Search Train and evaluate first RE models for `(GENE, is-in, BRAIN

Train and evaluate first RE models for `(GENE, is-in, BRAIN_REGION)`

Open FrancescoCasalegno opened this issue 3 years ago • 2 comments

Context

In #606 we collected annotated sentences for the relation extraction (RE) task for the relation type (GENE, is-in, BRAIN_REGION).
Effectively, this can be seen as an example of sentence classification.
This Issue is now about implementing and evaluating different RE model.

Actions

[ ] What is the percentage of sentences that the human expert discarded due to wrong NER annotations?
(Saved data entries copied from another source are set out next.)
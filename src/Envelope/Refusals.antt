-- ===== src/Envelope/Refusals.antt =====
-- What the triage of src/error.rs says of the errors that Kraken answers with (src/kraken/rest.rs).
use exchange_apiws.Prelude.{
  true, false, ◌&&◌, List, [], ◌∷◌, ◌≡◌, refl, arith, ◌⊎◌, inl, inr, leb, ltb, subst,
}
use exchange_apiws.Prelude.Text.{Text, text}
use exchange_apiws.Prelude.Json.{Json}
use exchange_apiws.Error.{
  ExchangeError, json, api, fatal, classify, is_retriable, is_retriable_code, is_rate_limited,
  is_clock_skew, is_auth,
}
use exchange_apiws.Http.Retry.Returns.{Sum-cases}
use exchange_apiws.Prelude.Options.{unwrap_or}
use exchange_apiws.Http.Retry.{Response, err, accept}
use exchange_apiws.Envelope.{unwrap_kraken_envelope, decode_result, errors_of, joined}
use exchange_apiws.Clients.{read_response}

-- An error that the triage takes for no rate limit, for no failure of authentication, and for fatal.
abbrev pub IsFinal : ExchangeError → Type 0
IsFinal e = (classify e ≡ fatal) × (is_rate_limited e ≡ false) × (is_auth e ≡ false)

kraken_error-IsFinal : (message : Text) → IsFinal (api (text "kraken_error") message)
unfolding classify is_retriable is_retriable_code is_rate_limited is_clock_skew is_auth
kraken_error-IsFinal message = (refl, refl, refl)

json-IsFinal : (e : Text) → IsFinal (json e)
unfolding classify is_retriable is_rate_limited is_auth
json-IsFinal e = (refl, refl, refl)

List-cases : (xs : List Text) → (xs ≡ []) ⊎ ((y : Text) × (ys : List Text) × (xs ≡ y ∷ ys))
List-cases [] = inl refl
List-cases (y ∷ ys) = inr (y, ys, refl)

module _ {V A : Type 0} ⦃j : Json V⦄ (null : V) (from_value : V → Text ⊎ A) where
  -- What a reply of Kraken is unwrapped to.
  unwrap_kraken_envelope-cases :
      (raw : V)
      → ((m : Text) × (unwrap_kraken_envelope null from_value raw
            ≡ inl (api (text "kraken_error") m)))
        ⊎ (((m : Text) × (unwrap_kraken_envelope null from_value raw ≡ inl (json m)))
            ⊎ ((a : A) × (unwrap_kraken_envelope null from_value raw ≡ inr a)))
  unfolding unwrap_kraken_envelope
  unwrap_kraken_envelope-cases raw = elim (List-cases (errors_of null from_value raw)) [
    | inl none_of ↦ elim (Sum-cases (from_value (unwrap_or (j.get raw (text "result")) null))) [
      | inl (m, bad) ↦ inr (inl (m, rw (unwrap_kraken_envelope, none_of, decode_result, bad) refl))
      | inr (a, good) ↦
          inr (inr (a, rw (unwrap_kraken_envelope, none_of, decode_result, good) refl))
    ]
    | inr (m, ms, some_of) ↦ inl (joined (m ∷ ms), rw (unwrap_kraken_envelope, some_of) refl)
  ]

  -- Whatever Kraken answers with a status of success, an error that comes of it is fatal to the triage,
  -- and neither a rate limit nor a failure of authentication: a caller of the triage cannot tell
  -- Kraken's rate limits or its refused keys from other refusals. The body must be JSON.
  pub read_response-IsFinal :
      (decode : Response → Text ⊎ V) (r : Response) (raw : V) (e : ExchangeError)
      → (leb 200 r.status && ltb r.status 300) ≡ true
      → decode r ≡ inr raw
      → read_response decode (unwrap_kraken_envelope null from_value) r ≡ err e
      → IsFinal e
  unfolding read_response accept
  read_response-IsFinal decode r raw e ok read h = elim (unwrap_kraken_envelope-cases raw) [
    | inl (m, eq) ↦ subst IsFinal (ground arith) (kraken_error-IsFinal m)
    | inr (inl (m, eq)) ↦ subst IsFinal (ground arith) (json-IsFinal m)
    | inr (inr (a, eq)) ↦ absurd (ground arith)
  ]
Note that
[ ] Out of the annotated samples, what is the percentage of samples that are labelled as "not is-in"?
[ ] (Given the previous point:) What is the performance (precision, recall, f1-score) of a naïve RE model that predicts is-in anytime there's a co-mention of a GENE and a BRAIN_REGION in the same unit of text?
[ ] What is the performance of a pre-trained NLI model that takes as premise the paragraph and as hypothesis a sentence like [gene] is located in [brain region]?
[ ] What is the performance of a pre-trained binary-QA model that takes as context the paragraph and as hypothesis a sentence like Is [gene] located in [brain region]??
[ ] What is the performance of a custom trained relation-extraction/sentence-classification model trained on our data? Note that unlike the previous pre-trained and naïve models, in this case we will need a 5-fold cross validation and compute corresponding mean and std for the various performance metrics
[ ] Summarize all results in a histogram like the following:

Dependencies

Before starting this Issue, #606 must be completed.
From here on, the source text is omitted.